United Nations to Adopt Asteroid Defense Plan - Libertatea
http://www.scientificamerican.com/article.cfm?id=un-asteroid-defense-plan
======
DanielBMarkham
The United Nations is not a world government. Please keep repeating this until
it sinks in.

It's a treaty organization designed to prevent another world war. As such,
it's worked kinda sorta okay. Not great, but you could argue that it worked,
so that's something. It's also provided somewhat of a permanent diplomatic
forum, that's pretty good too.

There are a lot of technical reasons why the UN is not a world government and
can never be. The biggest is that there is no representation of the actual
people being governed there. Because it's a treaty organization, it just has
the representation of the world governments. Unfortunately, we live in a world
where your government's interests and your own do not always align very well
at all. It's also bound by treaties.
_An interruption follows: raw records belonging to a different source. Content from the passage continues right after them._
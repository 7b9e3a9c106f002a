-- ===== src/Orchestration/Stores/Expiring/Laws.antt =====
-- The expiring cache meets the contract of a frozen cache.
use ai_augmented_generation.Prelude.{
  ◌≡◌, refl, sym, ◌∙◌, subst, inl, inr, ℕ, String, true, Option, none, some, Eq, ◌==◌,
  if◌then◌else◌, Bool-cases, arith,
}
use ai_augmented_generation.Prelude.Dict.{
  lookup, remove, IsDistinct, lookup-insert, lookup-remove, insert-IsDistinct, remove-IsDistinct,
}
use ai_augmented_generation.Orchestration.Stores.{Store, IsStore, is_some}
use ai_augmented_generation.Orchestration.Stores.Expiring.{
  Expiring, is_due, expire_if_due, begin_preload, finish_preload, preload_until, preload,
  lookup_kept, find, evict, contains_kept, contains, expiring_store,
}

module _ {K S H : Type 0} ⦃keys_eq : Eq K⦄ (now : ℕ) (view : S → K → Option H) where
  -- What the cache holds of a key, as long as the clock says `now`.
  abbrev pub live : Expiring K S → K → Option H
  live c k = if is_due now (lookup k c.expiry) then none else view c.inner k

module _ {K S H : Type 0} ⦃keys_eq : Eq K⦄ (store : Store K S H) (hit_of : String → H)
    (IsSound : S → Type 0) (view : S → K → Option H)
    (laws : IsStore store hit_of IsSound view) where
  abbrev pub IsSoundExpiring : Expiring K S → Type 0
  IsSoundExpiring c = IsSound c.inner × IsDistinct c.expiry

  expire-IsSound :
      (now : ℕ) (c : Expiring K S) (k : K)
      → IsSoundExpiring c
      → IsSoundExpiring ((expire_if_due store now c k).0)
  unfolding expire_if_due
  expire-IsSound now c k h = elim (Bool-cases (is_due now (lookup k c.expiry))) [
    | inl e ↦ rw e (laws.evict-IsSound c.inner k h.0, remove-IsDistinct k c.expiry h.1)
    | inr e ↦ rw e h
  ]

  -- What is evicted and has no expiry is not there.
  live-gone :
      (now : ℕ) (c : Expiring K S) (k j : K)
      → IsSoundExpiring c
      → live now view (record { inner = store.evict c.inner k; expiry = remove k c.expiry }) j
        ≡ (if k == j then none else live now view c j)
  live-gone now c k j h =
      ground (arith, lookup-remove k j c.expiry h.1, laws.view-evict c.inner k j h.0)

  live-kept :
      (now : ℕ) (c : Expiring K S) (k j : K) (expires_at : Option ℕ) (content : String)
      → IsSoundExpiring c
      → live now view (preload_until store c k content expires_at) j ≡ (
          if k == j
          then (if is_due now (some expires_at) then none else some (hit_of content))
          else live now view c j)
  unfolding preload_until begin_preload finish_preload
  live-kept now c k j expires_at content h =
      ground
        (arith, lookup-insert k j expires_at c.expiry, laws.view-preload c.inner k j content h.0)

  pub live-due :
      (now : ℕ) (c : Expiring K S) (k : K)
      → is_due now (lookup k c.expiry) ≡ true
      → live now view c k ≡ none
  live-due now c k e = rw e refl

  due_too :
      (now : ℕ) (c : Expiring K S) (k j : K)
      → is_due now (lookup k c.expiry) ≡ true
      → (k == j) ≡ true
      → is_due now (lookup j c.expiry) ≡ true
  due_too now c k j e same =
      subst (λ i. is_due now (lookup i c.expiry) ≡ true) ((keys_eq.eqb_iff k j).0 same) e

  live-drop :
      (now : ℕ) (c : Expiring K S) (k j : K)
      → IsSoundExpiring c
      → is_due now (lookup k c.expiry) ≡ true
      → live now view (record { inner = store.evict c.inner k; expiry = remove k c.expiry }) j
        ≡ live now view c j
  live-drop now c k j h e = live-gone now c k j h ∙ elim (Bool-cases (k == j)) [
    | inr other ↦ rw other refl
    | inl same ↦ rw same (sym (live-due now c j (due_too now c k j e same)))
  ]

  -- Dropping what is due changes nothing of what is live.
  live-expire :
      (now : ℕ) (c : Expiring K S) (k j : K)
      → IsSoundExpiring c
      → live now view ((expire_if_due store now c k).0) j ≡ live now view c j
  unfolding expire_if_due
  live-expire now c k j h = elim (Bool-cases (is_due now (lookup k c.expiry))) [
    | inr e ↦ rw e refl
    | inl e ↦ rw e (live-drop now c k j h e)
  ]

  find-IsSound :
      (now : ℕ) (c : Expiring K S) (k : K)
      → IsSoundExpiring c
      → IsSoundExpiring ((find store now c k).0)
  unfolding find expire_if_due lookup_kept
  find-IsSound now c k h = elim (Bool-cases (is_due now (lookup k c.expiry))) [
    | inl e ↦ rw e (laws.evict-IsSound c.inner k h.0, remove-IsDistinct k c.expiry h.1)
    | inr e ↦ rw e (laws.lookup-IsSound c.inner k h.0, h.1)
  ]

  live-find :
      (now : ℕ) (c : Expiring K S) (k j : K)
      → IsSoundExpiring c
      → live now view ((find store now c k).0) j ≡ live now view c j
  unfolding find expire_if_due lookup_kept
  live-find now c k j h = elim (Bool-cases (is_due now (lookup k c.expiry))) [
    | inl e ↦ rw e (live-drop now c k j h e)
    | inr e ↦ rw e (ground (arith, laws.view-lookup c.inner k j h.0))
  ]

  pub find_found :
      (now : ℕ) (c : Expiring K S) (k : K)
      → IsSoundExpiring c
      → (find store now c k).1 ≡ live now view c k
  unfolding find expire_if_due lookup_kept
  find_found now c k h = elim (Bool-cases (is_due now (lookup k c.expiry))) [
    | inl e ↦ rw e refl
    | inr e ↦ rw e (laws.lookup_found c.inner k h.0)
  ]

  contains-IsSound :
      (now : ℕ) (c : Expiring K S) (k : K)
      → IsSoundExpiring c
      → IsSoundExpiring ((contains store now c k).0)
  unfolding contains expire_if_due contains_kept
  contains-IsSound now c k h = elim (Bool-cases (is_due now (lookup k c.expiry))) [
    | inl e ↦ rw e (laws.evict-IsSound c.inner k h.0, remove-IsDistinct k c.expiry h.1)
    | inr e ↦ rw e (laws.contains-IsSound c.inner k h.0, h.1)
  ]

  live-contains :
      (now : ℕ) (c : Expiring K S) (k j : K)
      → IsSoundExpiring c
      → live now view ((contains store now c k).0) j ≡ live now view c j
  unfolding contains expire_if_due contains_kept
  live-contains now c k j h = elim (Bool-cases (is_due now (lookup k c.expiry))) [
    | inl e ↦ rw e (live-drop now c k j h e)
    | inr e ↦ rw e (ground (arith, laws.view-contains c.inner k j h.0))
  ]

  contains_found :
      (now : ℕ) (c : Expiring K S) (k : K)
      → IsSoundExpiring c
      → (contains store now c k).1 ≡ is_some (live now view c k)
  unfolding contains expire_if_due contains_kept
  contains_found now c k h = elim (Bool-cases (is_due now (lookup k c.expiry))) [
    | inl e ↦ rw e refl
    | inr e ↦ rw e (laws.contains_found c.inner k h.0)
  ]

  pub kept-IsSound :
      (c : Expiring K S) (k : K) (content : String) (expires_at : Option ℕ)
      → IsSoundExpiring c
      → IsSoundExpiring (preload_until store c k content expires_at)
  unfolding preload_until begin_preload finish_preload
  kept-IsSound c k content expires_at h =
      (laws.preload-IsSound c.inner k content h.0, insert-IsDistinct k expires_at c.expiry h.1)

  -- While the clock stands, the expiring cache is a frozen cache that holds what is not due: it
  -- keeps the contract of the cache that it wraps.
  pub expiring_store-IsStore :
      (now : ℕ) → IsStore (expiring_store store now) hit_of IsSoundExpiring (live now view)
  unfolding preload evict
  expiring_store-IsStore now = record {
    preload-IsSound = λ c k t h. kept-IsSound c k t none h;
    evict-IsSound = λ c k h. (laws.evict-IsSound c.inner k h.0, remove-IsDistinct k c.expiry h.1);
    lookup-IsSound = find-IsSound now;
    contains-IsSound = contains-IsSound now;
    view-preload = λ c k j t h. live-kept now c k j none t h;
    view-evict = live-gone now;
    view-lookup = live-find now;
    lookup_found = find_found now;
    view-contains = live-contains now;
    contains_found = contains_found now;
  }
Treaties have a tendency to be
interpreted all sorts of ways by the various parties involved. The more
parties, the more room for interpretation there is.

There's also no feedback loop for the possibility that they might do something
wrong. There's no independent judiciary, there's no rule of law.

I could go on, but it should be obvious. The UN isn't a world government.
Folks can pretend that it is, and the UN itself can labor under the illusion
that it is, but structurally it isn't made to be one.

So sure, let WHO do it's thing and let various nations pitch in to put those
little blue helmets on guys to try to prevent conflict. Lots of good things
for the UN to do that kind of fall under the "treaty org to prevent future
world wars". But asteroid defense? Not even close. Not unless there's a chance
the Russians might start lobbing asteroids at the US or something.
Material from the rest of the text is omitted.